• Exercise goal
Below are the records; copy each line in which "them" occurs.

-=-=-

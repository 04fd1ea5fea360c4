-- ===== src/Cards/Deck.antt =====
-- services/engine/internal/domain/deck.go: the deck, and dealing from its front. The shuffle is the
-- caller's function; a deck restored from cards has none, and shuffling it panics.
pub mod Dealing
pub mod Fresh
use holdem.Prelude.{
  ℕ, zero, suc, ◌+◌, leb, ltb, ◌==◌, Option, none, some, List, [], ◌∷◌, ◌++◌, Outcome, ok, err,
  panic, Error, fail_if, ◌>>=◌, ◌>>◌, length, take, drop,
}
use holdem.Cards.{Card, Suit, Rank, new_card, spades, hearts, diamonds, clubs, two}

pub record Deck : Type 0 where
  pub cards : List Card
  pub shuffle : Option (List Card → List Card)

-- for rank := Two; rank <= Ace; rank++, with the rounds that are left
unfoldable pub rank_loop : ℕ → Rank → Suit → List Card
rank_loop zero r s = []
rank_loop (suc n) r s = new_card r s ∷ rank_loop n (r + 1) s

-- for _, suit := range suits
unfoldable pub suit_loop : List Suit → List Card
suit_loop [] = []
suit_loop (s ∷ rest) = rank_loop 13 two s ++ suit_loop rest

unfoldable pub new_deck : (List Card → List Card) → Deck
new_deck f = record {
  cards = suit_loop (spades ∷ hearts ∷ diamonds ∷ clubs ∷ []);
  shuffle = some f;
}

unfoldable pub new_deck_from_cards : List Card → Deck
new_deck_from_cards cards = record { cards = cards; shuffle = none }

-- `Deck.Shuffle`
unfoldable pub shuffled : Deck → Outcome Deck
shuffled d = elim d.shuffle [ none ↦ panic | some f ↦ ok (record d { cards = f d.cards }) ]

-- `Deck.Deal`: the cards dealt, and the deck without them
unfoldable pub deal : ℕ → Deck → Outcome (List Card × Deck)
deal n d = do
  fail_if (leb n 0) Error.n_not_positive
  fail_if (length d.cards == 0) Error.empty_deck
  fail_if (ltb (length d.cards) n) Error.not_enough_cards
  ok (take n d.cards, record d { cards = drop n d.cards })

-- `Deck.Remaining`
pub remaining : Deck → ℕ
remaining d = length d.cards
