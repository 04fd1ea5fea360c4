-- ===== src/Game.antt =====
-- services/engine/internal/domain: player.go, action.go, game.go, betting.go's configuration and pot.go's
-- data. Ids are strings that are only compared, so they are numbers here. Chips, indices and counters are
-- Go ints that the program keeps at zero or above; they are natural numbers, and where the source
-- subtracts, the model adds first and subtracts last, so that it agrees whenever Go's result is not
-- negative. The slice of player pointers is a list that each write returns anew.
pub mod Seats
pub mod Samples
pub mod Chips
use holdem.Prelude.{
  ℕ, zero, suc, ◌+◌, Bool, true, false, ◌&&◌, ◌||◌, ltb, leb, ◌==◌, if◌then◌else◌, Option, none,
  some, List, [], ◌∷◌, ◌++◌, length, keep_if,
}
use holdem.Cards.{Card, Bytes}
use holdem.Cards.Deck.{Deck}

abbrev pub PlayerId : Type 0
PlayerId = ℕ

-- `unknown` is any other byte
pub data ActionType : Type 0 where
  fold check call raise all_in unknown : ActionType

-- `ActionType.String`
pub action_type_string : ActionType → Bytes
action_type_string fold = b'f' ∷ b'o' ∷ b'l' ∷ b'd' ∷ []
action_type_string check = b'c' ∷ b'h' ∷ b'e' ∷ b'c' ∷ b'k' ∷ []
action_type_string call = b'c' ∷ b'a' ∷ b'l' ∷ b'l' ∷ []
action_type_string raise = b'r' ∷ b'a' ∷ b'i' ∷ b's' ∷ b'e' ∷ []
action_type_string all_in = b'a' ∷ b'l' ∷ b'l' ∷ b'-' ∷ b'i' ∷ b'n' ∷ []
action_type_string unknown = b'u' ∷ b'n' ∷ b'k' ∷ b'n' ∷ b'o' ∷ b'w' ∷ b'n' ∷ []

pub record Action : Type 0 where
  pub player_id : PlayerId
  pub type : ActionType
  pub amount : ℕ

abbrev pub new_fold : PlayerId → Action
new_fold id = record { player_id = id; type = fold; amount = 0 }

abbrev pub new_check : PlayerId → Action
new_check id = record { player_id = id; type = check; amount = 0 }

abbrev pub new_call : PlayerId → Action
new_call id = record { player_id = id; type = call; amount = 0 }

abbrev pub new_raise : PlayerId → ℕ → Action
new_raise id n = record { player_id = id; type = raise; amount = n }

abbrev pub new_all_in : PlayerId → Action
new_all_in id = record { player_id = id; type = all_in; amount = 0 }

pub data PlayerStatus : Type 0 where
  active folded all_in sitting_out : PlayerStatus

pub record Player : Type 0 where
  pub id : PlayerId
  pub stack : ℕ
  pub hole_cards : Card × Card
  pub status : PlayerStatus
  pub current_bet : ℕ
  pub position : ℕ

abbrev status_is_active : PlayerStatus → Bool
status_is_active active = true
status_is_active _ = false

abbrev status_is_all_in : PlayerStatus → Bool
status_is_all_in PlayerStatus.all_in = true
status_is_all_in _ = false

abbrev status_is_folded : PlayerStatus → Bool
status_is_folded folded = true
status_is_folded _ = false

abbrev pub is_active : Player → Bool
is_active p = status_is_active p.status

abbrev pub is_all_in : Player → Bool
is_all_in p = status_is_all_in p.status

abbrev pub is_folded : Player → Bool
is_folded p = status_is_folded p.status

-- `Player.CanAct`
abbrev pub can_act : Player → Bool
can_act p = is_active p && ltb 0 p.stack

-- the condition of `ActivePlayers`: still in the hand
abbrev pub in_hand : Player → Bool
in_hand p = is_active p || is_all_in p

pub data BettingStructure : Type 0 where
  fixed_limit unknown : BettingStructure

pub record BettingConfig : Type 0 where
  pub structure : BettingStructure
  pub small_blind : ℕ
  pub big_blind : ℕ
  pub small_bet : ℕ
  pub big_bet : ℕ
  pub max_raises_per_street : ℕ

pub record Pot : Type 0 where
  pub amount : ℕ
  pub eligible : List PlayerId

pub data Street : Type 0 where
  preflop flop turn river showdown : Street

pub record GameState : Type 0 where
  pub id : ℕ
  pub table_id : ℕ
  pub players : List Player
  pub board : List Card
  pub pots : List Pot
  pub street : Street
  pub current_bet : ℕ
  pub active_player : ℕ
  pub button : ℕ
  pub event_sequence : ℕ
  pub config : BettingConfig
  pub open config use *
  pub raises_this_street : ℕ
  pub deck : Deck

abbrev bet_size : Street → BettingConfig → ℕ
bet_size preflop c = c.small_bet
bet_size flop c = c.small_bet
bet_size turn c = c.big_bet
bet_size river c = c.big_bet
bet_size showdown c = 0

-- `GameState.BetSizeForStreet`
abbrev pub bet_size_for_street : GameState → ℕ
bet_size_for_street g = bet_size g.street g.config

-- `GameState.ActivePlayers`
abbrev pub active_players : GameState → List Player
active_players g = keep_if in_hand g.players

-- `GameState.PlayersWhoCanAct`
abbrev pub players_who_can_act : GameState → List Player
players_who_can_act g = keep_if can_act g.players

-- the first player with the id, as an index into the players
abbrev pub index_of_id : PlayerId → List Player → Option ℕ
index_of_id k [] = none
index_of_id k (p ∷ ps) =
    if p.id == k then some 0 else elim (index_of_id k ps) [ none ↦ none | some i ↦ some (suc i) ]

-- `GameState.PlayerByID`; the pointer that it returns is the place of that player
abbrev pub player_by_id : PlayerId → GameState → Option ℕ
player_by_id k g = index_of_id k g.players

-- `GameState.IsHandOver`
pub is_hand_over : GameState → Bool
is_hand_over g = leb (length (players_who_can_act g)) 1

-- `GameState.NextEventSequence`
pub next_event_sequence : GameState → ℕ
next_event_sequence g = g.event_sequence + 1

-- `GameState.AdvanceEventSequence`: the state after it; its result is the new field
abbrev pub advance_event_sequence : GameState → GameState
advance_event_sequence g = record g { event_sequence = g.event_sequence + 1 }
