-- ===== src/Betting.antt =====
-- services/engine/internal/domain/betting.go: what a player may do, what it does to the state, when a
-- betting round is over and whose turn comes next. `CollectBets` is in Pots.
mod Tests
pub mod Accepted
pub mod Effect
pub mod Rounds
pub mod Turns
use holdem.Prelude.{
  ℕ, zero, suc, ◌+◌, ◌-◌, ◌%◌, Bool, true, false, ◌&&◌, not, ltb, leb, ◌==◌, if◌then◌else◌, Option,
  none, some, List, [], ◌∷◌, Outcome, ok, err, panic, Error, fail_if, or_panic, ◌>>=◌, ◌>>◌, length,
  get_elem?, set,
}
use holdem.Game.{
  Player, PlayerStatus, folded, Action, ActionType, fold, check, call, raise, GameState, can_act,
  in_hand, bet_size_for_street,
}

-- the switch of `ValidateAction`
unfoldable pub validate_type : GameState → Player → ℕ → ActionType → Outcome (Unit {0})
validate_type g p amount check = fail_if (ltb p.current_bet g.current_bet) Error.invalid_action
validate_type g p amount call = fail_if (g.current_bet == p.current_bet) Error.invalid_action
validate_type g p amount raise = do
  fail_if (leb g.max_raises_per_street g.raises_this_street) Error.raise_cap_reached
  fail_if (not (amount == g.current_bet + bet_size_for_street g)) Error.invalid_raise_amount
  fail_if (ltb (p.stack + p.current_bet) amount) Error.insufficient_stack
validate_type g p amount fold = ok tt
validate_type g p amount ActionType.all_in = err Error.invalid_action
validate_type g p amount ActionType.unknown = err Error.invalid_action

-- `ValidateAction`
unfoldable pub validate_action : GameState → Action → Outcome (Unit {0})
validate_action g a = do
  p ← or_panic (get_elem? g.players g.active_player)
  fail_if (not (p.id == a.player_id)) Error.not_player_turn
  fail_if (not (can_act p)) Error.player_not_active
  validate_type g p a.amount a.type

-- `ActionCall` on the player: the difference, or the whole stack if that is no more
abbrev pub call_bet : ℕ → Player → Player
call_bet bet p =
    if leb (p.stack + p.current_bet) bet
    then record p { status = PlayerStatus.all_in; stack = 0; current_bet = p.current_bet + p.stack }
    else record p { stack = p.stack + p.current_bet - bet; current_bet = bet }

-- `ActionRaise` on the player: the bet becomes the amount
abbrev pub raise_bet : ℕ → Player → Player
raise_bet amount p =
    let left = p.stack + p.current_bet - amount in
    record p {
      stack = left;
      current_bet = amount;
      status = if left == 0 then PlayerStatus.all_in else p.status;
    }

-- the switch of `ApplyAction`, on the active player
unfoldable pub act : GameState → Player → ℕ → ActionType → GameState
act g p amount fold = record g {
  players = set g.players g.active_player (record p { status = folded });
}
act g p amount check = g
act g p amount call = record g {
  players = set g.players g.active_player (call_bet g.current_bet p);
}
act g p amount raise = record g {
  players = set g.players g.active_player (raise_bet amount p);
  current_bet = amount;
  raises_this_street = g.raises_this_street + 1;
}
act g p amount ActionType.all_in = g
act g p amount ActionType.unknown = g

-- `ApplyAction`
unfoldable pub apply_action : GameState → Action → Outcome GameState
apply_action g a = do
  p ← or_panic (get_elem? g.players g.active_player)
  ok (act g p a.amount a.type)

abbrev pub all_called : ℕ → List Player → Bool
all_called bet [] = true
all_called bet (p ∷ ps) = if can_act p && ltb p.current_bet bet then false else all_called bet ps

-- `IsBettingRoundOver`
unfoldable pub is_betting_round_over : GameState → Bool
is_betting_round_over g = all_called g.current_bet g.players

-- for i := 1; i <= n; i++ over the seats after `start`: the first whose player passes the test. The
-- first argument is the rounds that are left, the second `i`.
abbrev pub seat_passes : (Player → Bool) → List Player → ℕ → Bool
seat_passes test ps idx = elim (get_elem? ps idx) [ none ↦ false | some p ↦ test p ]

unfoldable pub next_seat : (Player → Bool) → List Player → ℕ → ℕ → ℕ → ℕ
next_seat test ps start zero i = start
next_seat test ps start (suc rounds) i =
    let idx = (start + i) % length ps in
    elim (seat_passes test ps idx) [ true ↦ idx | false ↦ next_seat test ps start rounds (i + 1) ]

-- `NextActivePlayer`
pub next_active_player : GameState → ℕ
next_active_player g = next_seat can_act g.players g.active_player (length g.players) 1

-- `FirstActiveAfterButton`
pub first_active_after_button : GameState → ℕ
first_active_after_button g = next_seat in_hand g.players g.button (length g.players) 1
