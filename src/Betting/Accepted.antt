-- ===== src/Betting/Accepted.antt =====
-- The rules of the actions, and the actions that the engine accepts.
use holdem.Prelude.{
  ℕ, ◌+◌, ◌≤◌, ◌<◌, ◌≡◌, ◌↔◌, All, All-get_elem?, refl, true, Option, none, some, ok, panic, arith,
  get_elem?,
}
use holdem.Game.{
  Player, Action, ActionType, fold, check, call, raise, GameState, can_act, bet_size_for_street,
}
use holdem.Betting.{validate_action, validate_type}

-- The rules of the move itself, for the player `p` whose turn it is, as services/engine/RULES.md has them: a check needs a
-- matched bet, a call a bet above the player's own.
abbrev pub LegalMove : GameState → Player → ℕ → ActionType → Type 0
LegalMove g p amount fold = Unit
LegalMove g p amount check = p.current_bet ≡ g.current_bet
LegalMove g p amount call = p.current_bet < g.current_bet
LegalMove g p amount raise =
    (g.raises_this_street < g.max_raises_per_street)
    × (amount ≡ g.current_bet + bet_size_for_street g)
    × (amount ≤ p.stack + p.current_bet)
LegalMove g p amount ActionType.all_in = ⊥
LegalMove g p amount ActionType.unknown = ⊥

-- The rules for an action: it comes from the player whose turn it is, who can act, and is legal.
pub record Legal (g : GameState) (a : Action) : Type 0 where
  pub player : Player
  pub seated : get_elem? g.players g.active_player ≡ some player
  pub own_turn : player.id ≡ a.player_id
  pub able : can_act player ≡ true
  pub move : LegalMove g player a.amount a.type

validate_type_iff :
    (g : GameState) (p : Player) (n : ℕ) (t : ActionType)
    → p.current_bet ≤ g.current_bet
    → (validate_type g p n t ≡ ok tt) ↔ LegalMove g p n t
unfolding validate_type
validate_type_iff g p n fold bound = (λ h. tt, λ h. refl)
validate_type_iff g p n check bound = ground arith
validate_type_iff g p n call bound = ground arith
validate_type_iff g p n raise bound = ground arith
validate_type_iff g p n ActionType.all_in bound = (λ h. cc, λ h. absurd h)
validate_type_iff g p n ActionType.unknown bound = (λ h. cc, λ h. absurd h)

accepted_parts :
    (g : GameState) (a : Action) (p : Player)
    → get_elem? g.players g.active_player ≡ some p
    → (validate_action g a ≡ ok tt)
      ↔ ((p.id ≡ a.player_id) × (can_act p ≡ true) × (validate_type g p a.amount a.type ≡ ok tt))
unfolding validate_action
accepted_parts g a p e = ground arith

empty_seat :
    (g : GameState) (a : Action)
    → get_elem? g.players g.active_player ≡ none
    → validate_action g a ≡ panic
unfolding validate_action
empty_seat g a e = rw (e, validate_action)

-- An accepted action comes from a player who can act.
pub validate_action-able :
    (g : GameState) (a : Action)
    → validate_action g a ≡ ok tt
    → (p : Player) × (get_elem? g.players g.active_player ≡ some p)
      × (can_act p ≡ true)
      × (p.id ≡ a.player_id)
      × (validate_type g p a.amount a.type ≡ ok tt)
validate_action-able g a h = seen (get_elem? g.players g.active_player) refl
  where
    seen :
        (o : Option Player)
        → get_elem? g.players g.active_player ≡ o
        → (p : Player) × (get_elem? g.players g.active_player ≡ some p)
          × (can_act p ≡ true)
          × (p.id ≡ a.player_id)
          × (validate_type g p a.amount a.type ≡ ok tt)
    seen none e = absurd (cc (empty_seat g a e))
    seen (some p) e =
        let (own, able, typed) = (accepted_parts g a p e).0 h in (p, e, able, own, typed)

-- While no player has bet more than the bet to match, an action is accepted exactly when it comes from the player whose
-- turn it is, who is active with chips left, and the rules of the move allow it: a check when the bet is matched, a call
-- when the bet is above the player's own, a raise below the cap to the bet plus the street's size that the chips cover, a
-- fold always.
pub validate_action_iff :
    (g : GameState) (a : Action)
    → All (λ (p : Player). p.current_bet ≤ g.current_bet) g.players
    → (validate_action g a ≡ ok tt) ↔ Legal g a
validate_action_iff g a covered = (legal, accepted)
  where
    bound :
        {p : Player} → get_elem? g.players g.active_player ≡ some p → p.current_bet ≤ g.current_bet
    bound seated =
        All-get_elem? (λ (p : Player). p.current_bet ≤ g.current_bet) g.players g.active_player
          seated covered

    legal : validate_action g a ≡ ok tt → Legal g a
    legal h =
        let (p, seated, able, own, typed) = validate_action-able g a h in
        record {
          player = p;
          seated = seated;
          own_turn = own;
          able = able;
          move = (validate_type_iff g p a.amount a.type (bound seated)).0 typed;
        }

    accepted : Legal g a → validate_action g a ≡ ok tt
    accepted l = (accepted_parts g a l.player l.seated).1 (
      l.own_turn,
      l.able,
      (validate_type_iff g l.player a.amount a.type (bound l.seated)).1 l.move,
    )
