-- ===== src/Game/Chips.antt =====
-- Where the chips of a hand are: in the stacks, in front of the players, and in the pots.
use holdem.Prelude.{ℕ, ◌+◌, List, sum_of}
use holdem.Game.{GameState, Player, Pot}

abbrev pub held : Player → ℕ
held p = p.stack + p.current_bet

abbrev pub stacks : List Player → ℕ
stacks = sum_of (λ p. p.stack)

abbrev pub bets : List Player → ℕ
bets = sum_of (λ p. p.current_bet)

abbrev pub holdings : List Player → ℕ
holdings = sum_of held

-- the chips of players and pots together
abbrev pub chips : GameState → ℕ
chips g = holdings g.players + sum_of (λ (p : Pot). p.amount) g.pots
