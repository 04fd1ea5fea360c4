-- ===== src/Betting/Effect.antt =====
-- What an accepted action does to the state of a betting round.
use holdem.Prelude.{
  ℕ, zero, suc, ◌≤◌, ◌≡◌, refl, sym, ap, some, List, [], ◌∷◌, ok, arith, get_elem?, set, sum_of,
  sum_of-set, All, All-set, All-get_elem?, subst,
}
use holdem.Game.{Player, Action, ActionType, fold, check, call, raise, GameState, folded, Pot}
use holdem.Game.Chips.{held, holdings, chips}
use holdem.Betting.{apply_action, act, call_bet, raise_bet}
use holdem.Betting.Accepted.{Legal, LegalMove}

-- Within a street: nobody's bet is above the bet to match, and the raises keep to the cap.
pub record InRound (g : GameState) : Type 0 where
  pub covered : All (λ (p : Player). p.current_bet ≤ g.current_bet) g.players
  pub capped : g.raises_this_street ≤ g.max_raises_per_street

-- the player who acts, afterwards, and the bet to match
moved : GameState → Player → ℕ → ActionType → Player
moved g p n fold = record p { status = folded }
moved g p n check = p
moved g p n call = call_bet g.current_bet p
moved g p n raise = raise_bet n p
moved g p n ActionType.all_in = p
moved g p n ActionType.unknown = p

held-moved :
    (g : GameState) (p : Player) (n : ℕ) (t : ActionType)
    → LegalMove g p n t
    → p.current_bet ≤ g.current_bet
    → held (moved g p n t) ≡ held p
unfolding moved
held-moved g p n fold l h = refl
held-moved g p n check l h = refl
held-moved g p n call l h = ground arith
held-moved g p n raise l h = ground arith
held-moved g p n ActionType.all_in l h = refl
held-moved g p n ActionType.unknown l h = refl

set_self : {A : Type 0} (xs : List A) (i : ℕ) {v : A} → get_elem? xs i ≡ some v → set xs i v ≡ xs
set_self [] i h = refl
set_self (x ∷ xs) zero h = ground arith
set_self (x ∷ xs) (suc i) h = ap (◌∷◌ x) (set_self xs i h)

-- Every action writes the active player's place and no other.
players-act :
    (g : GameState) (p : Player) (n : ℕ) (t : ActionType)
    → get_elem? g.players g.active_player ≡ some p
    → (act g p n t).players ≡ set g.players g.active_player (moved g p n t)
unfolding act moved
players-act g p n fold e = refl
players-act g p n check e = sym (set_self g.players g.active_player e)
players-act g p n call e = refl
players-act g p n raise e = refl
players-act g p n ActionType.all_in e = sym (set_self g.players g.active_player e)
players-act g p n ActionType.unknown e = sym (set_self g.players g.active_player e)

-- The fields that an action can change besides the players.
act_fields :
    (g : GameState) (p : Player) (n : ℕ) (t : ActionType)
    → LegalMove g p n t
    → p.current_bet ≤ g.current_bet
    → g.raises_this_street ≤ g.max_raises_per_street
    → (g.current_bet ≤ (act g p n t).current_bet)
      × ((moved g p n t).current_bet ≤ (act g p n t).current_bet)
      × ((act g p n t).raises_this_street ≤ g.max_raises_per_street)
      × ((act g p n t).max_raises_per_street ≡ g.max_raises_per_street)
      × ((act g p n t).pots ≡ g.pots)
unfolding act moved
act_fields g p n fold l h c = ground arith
act_fields g p n check l h c = ground arith
act_fields g p n call l h c = ground arith
act_fields g p n raise l h c = ground arith
act_fields g p n ActionType.all_in l h c = ground arith
act_fields g p n ActionType.unknown l h c = ground arith

covered_mono :
    (b c : ℕ) (ps : List Player)
    → b ≤ c
    → All (λ (p : Player). p.current_bet ≤ b) ps
    → All (λ (p : Player). p.current_bet ≤ c) ps
covered_mono b c [] h a = tt
covered_mono b c (p ∷ ps) h a = (omega arith, covered_mono b c ps h a.1)

-- A legal action in a betting round never panics. It keeps the invariant of the round and the total
-- of the chips, it does not lower the bet to match, and it changes the active player only.
pub apply_action_effect :
    (g : GameState) (a : Action)
    → InRound g
    → Legal g a
    → (g' : GameState) × (apply_action g a ≡ ok g')
      × InRound g'
      × (chips g' ≡ chips g)
      × (g.current_bet ≤ g'.current_bet)
      × (q : Player) × (g'.players ≡ set g.players g.active_player q)
unfolding apply_action
apply_action_effect g a r l =
    let p : Player = l.player in
    let g' : GameState = act g p a.amount a.type in
    let q : Player = moved g p a.amount a.type in
    let bound : p.current_bet ≤ g.current_bet =
      All-get_elem? (λ (p : Player). p.current_bet ≤ g.current_bet) g.players g.active_player
        l.seated r.covered in
    let (grows, mine, cap, cap', pots) = act_fields g p a.amount a.type l.move bound r.capped in
    let written : g'.players ≡ set g.players g.active_player q =
      players-act g p a.amount a.type l.seated in
    let same : holdings g'.players ≡ holdings g.players = omega (
      arith,
      ap holdings written,
      sum_of-set {0} held g.players g.active_player q l.seated,
      held-moved g p a.amount a.type l.move bound,
    ) in
    (
      g',
      rw l.seated,
      record {
        covered = subst (All (λ (p : Player). p.current_bet ≤ g'.current_bet)) (sym written) (
            All-set _ g.players g.active_player q mine
              (covered_mono g.current_bet g'.current_bet g.players grows r.covered));
        capped = omega arith;
      },
      omega (arith, ap (sum_of (λ (x : Pot). x.amount)) pots),
      grows,
      q,
      written,
    )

-=-=-

• Response to the task
-- `Deck.Deal`: the cards dealt, and the deck without them
-- The rules of the move itself, for the player `p` whose turn it is, as services/engine/RULES.md has them: a check needs a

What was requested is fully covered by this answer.